Museo Virtual de la Guerra Civil
An online visitor to the Virtual Museum of the Spanish Civil War.Álvaro García

Intrafamilial history

“It is a very important space as it will allow us to tell the intimate and intrafamilial history of the Civil War, that is, its most human, diverse and nuanced side,” explains Cazorla Sánchez. Shubert explains how to participate: “We ask for a photo of the object with a text of no more than 400 words describing it, how it was obtained, and what meaning or importance it has for the sender.” Interested parties can contact the museum by emailing vscw@yorku.ca.

In addition, two new galleries focus on Catalonia and the Basque Country and the protagonists, impact, and legacy of the conflict in those regions. “The creation of these spaces is based on two important reasons: to affirm the diversity of Spain and the fact that both communities had very particular dynamics during the war,” says Cazorla Sánchez.

Another new gallery, Global, highlights how the Spanish Civil War was perceived in different parts of the world.
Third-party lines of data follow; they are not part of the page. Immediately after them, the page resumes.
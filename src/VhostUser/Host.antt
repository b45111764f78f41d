-- ===== src/VhostUser/Host.antt =====
-- What the vhost-user crate calls and does not implement: the queues of virtio-queue, the guest
-- memory of vm-memory, the epoll instances and event counters of vmm-sys-util. An error of theirs
-- is a number; a raw file descriptor is a number.
use virtio_device_poc.Base.{ℕ, ◌≡◌, ◌≢◌, Bool, Option, none, some, List, Result, ok}

-- `EventFd::read`: a count, EAGAIN, or another error.
pub data ReadResult : Type 0 where
  got : ℕ → ReadResult
  would_block : ReadResult
  failed : ℕ → ReadResult

pub record Host : Type 1 where
  -- virtio_queue::Queue
  pub Queue : Type 0
  pub new_queue : ℕ → Result Queue ℕ
  pub ready : Queue → Bool
  pub set_ready : Queue → Bool → Queue
  pub set_size : Queue → ℕ → Queue
  pub set_event_idx : Queue → Bool → Queue
  pub try_set_desc_table_address : Queue → ℕ → Result Queue ℕ
  pub try_set_avail_ring_address : Queue → ℕ → Result Queue ℕ
  pub try_set_used_ring_address : Queue → ℕ → Result Queue ℕ
  pub next_avail : Queue → ℕ
  pub set_next_avail : Queue → ℕ → Queue
  pub set_next_used : Queue → ℕ → Queue
  -- vm_memory: guest memory, its regions (as start and length), and mmap of a region or of the log
  -- from a file
  pub Mem : Type 0
  pub Region : Type 0
  pub mmap_region : ℕ → ℕ → ℕ → Result Region ℕ
  pub new_region : Region → ℕ → Result Region ℕ
  pub from_regions : List Region → Result Mem ℕ
  pub insert_region : Mem → Region → Result Mem ℕ
  pub remove_region : Mem → ℕ → ℕ → Result Mem ℕ
  pub used_idx : Queue → Mem → Result ℕ ℕ
  pub regions : Mem → List (ℕ × ℕ)
  pub mmap : ℕ → ℕ → ℕ → Result (List ℕ) ℕ
  -- the bits VIRTIO_RING_F_EVENT_IDX and VHOST_USER_F_PROTOCOL_FEATURES of a feature set
  pub event_idx_bit : ℕ
  pub protocol_features_bit : ℕ
  -- vmm_sys_util::epoll::Epoll: `watched e fd` is the token that fd is registered with
  pub Epoll : Type 0
  pub watched : Epoll → ℕ → Option ℕ
  pub ctl_add : Epoll → ℕ → ℕ → Result Epoll ℕ
  pub ctl_delete : Epoll → ℕ → Result Epoll ℕ
  -- vmm_sys_util::eventfd::EventFd: all counters together
  pub Events : Type 0
  pub event_write : Events → ℕ → Result Events ℕ
  pub event_read : Events → ℕ → Events × ReadResult

-- What is documented of a queue's `ready` flag and its indices.
pub record QueueLaws (h : Host) : Type 0 where
  pub ready-set_ready : (q : h.Queue) (b : Bool) → h.ready (h.set_ready q b) ≡ b
  pub ready-set_event_idx : (q : h.Queue) (b : Bool) → h.ready (h.set_event_idx q b) ≡ h.ready q
  pub ready-set_size : (q : h.Queue) (n : ℕ) → h.ready (h.set_size q n) ≡ h.ready q
  pub ready-set_next_avail : (q : h.Queue) (n : ℕ) → h.ready (h.set_next_avail q n) ≡ h.ready q
  pub next_avail-set_ready :
      (q : h.Queue) (b : Bool) → h.next_avail (h.set_ready q b) ≡ h.next_avail q
  pub next_avail-set_next_avail : (q : h.Queue) (n : ℕ) → h.next_avail (h.set_next_avail q n) ≡ n

-- What epoll_ctl(2) documents: EPOLL_CTL_ADD of a new descriptor, EPOLL_CTL_DEL of a present one.
pub record EpollLaws (h : Host) : Type 0 where
  pub add_new :
      (e : h.Epoll) (fd token : ℕ)
      → h.watched e fd ≡ none
      → (e' : h.Epoll) × (h.ctl_add e fd token ≡ ok e')
        × (h.watched e' fd ≡ some token)
        × ((other : ℕ) → other ≢ fd → h.watched e' other ≡ h.watched e other)
  pub delete_present :
      (e : h.Epoll) (fd token : ℕ)
      → h.watched e fd ≡ some token
      → (e' : h.Epoll) × (h.ctl_delete e fd ≡ ok e')
        × (h.watched e' fd ≡ none)
        × ((other : ℕ) → other ≢ fd → h.watched e' other ≡ h.watched e other)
So far, the space covers a dozen countries, but another 20 will be added soon. One example is Canada itself, where information is available on areas such as the role of the international brigade soldiers of Canadian origin, the support for General Francisco Franco’s Nationalist forces among some sectors of Canadian society, and the policy of non-intervention established by the government in Ottawa — a policy that, as a document in the gallery shows, did not prevent the Royal Canadian Mounted Police from carrying out surveillance on individuals, groups, and organizations that could have provided help to the Republican side.

Regarding the next steps, Shubert says: “The museum is a project under continuous construction, with a growing team of collaborators. We have other galleries planned. One, coming soon, on the origins of the war; another, a little later, on its aftermath. We will also open a room focused on the war in Galicia, which will have a Galician-language version. In turn, there will be a section dedicated to didactic resources.”

The Virtual Museum of the Spanish Civil War has received contributions from York University and Trent University, as well as from the Social Sciences and Humanities Research Council of Canada, the Spanish government, the Spanish Embassy in Ottawa, and the Modern Records Centre based at Warwick University in the UK. In addition, the regional government of Catalonia will cover the translation of some of the museum’s contents into Catalan.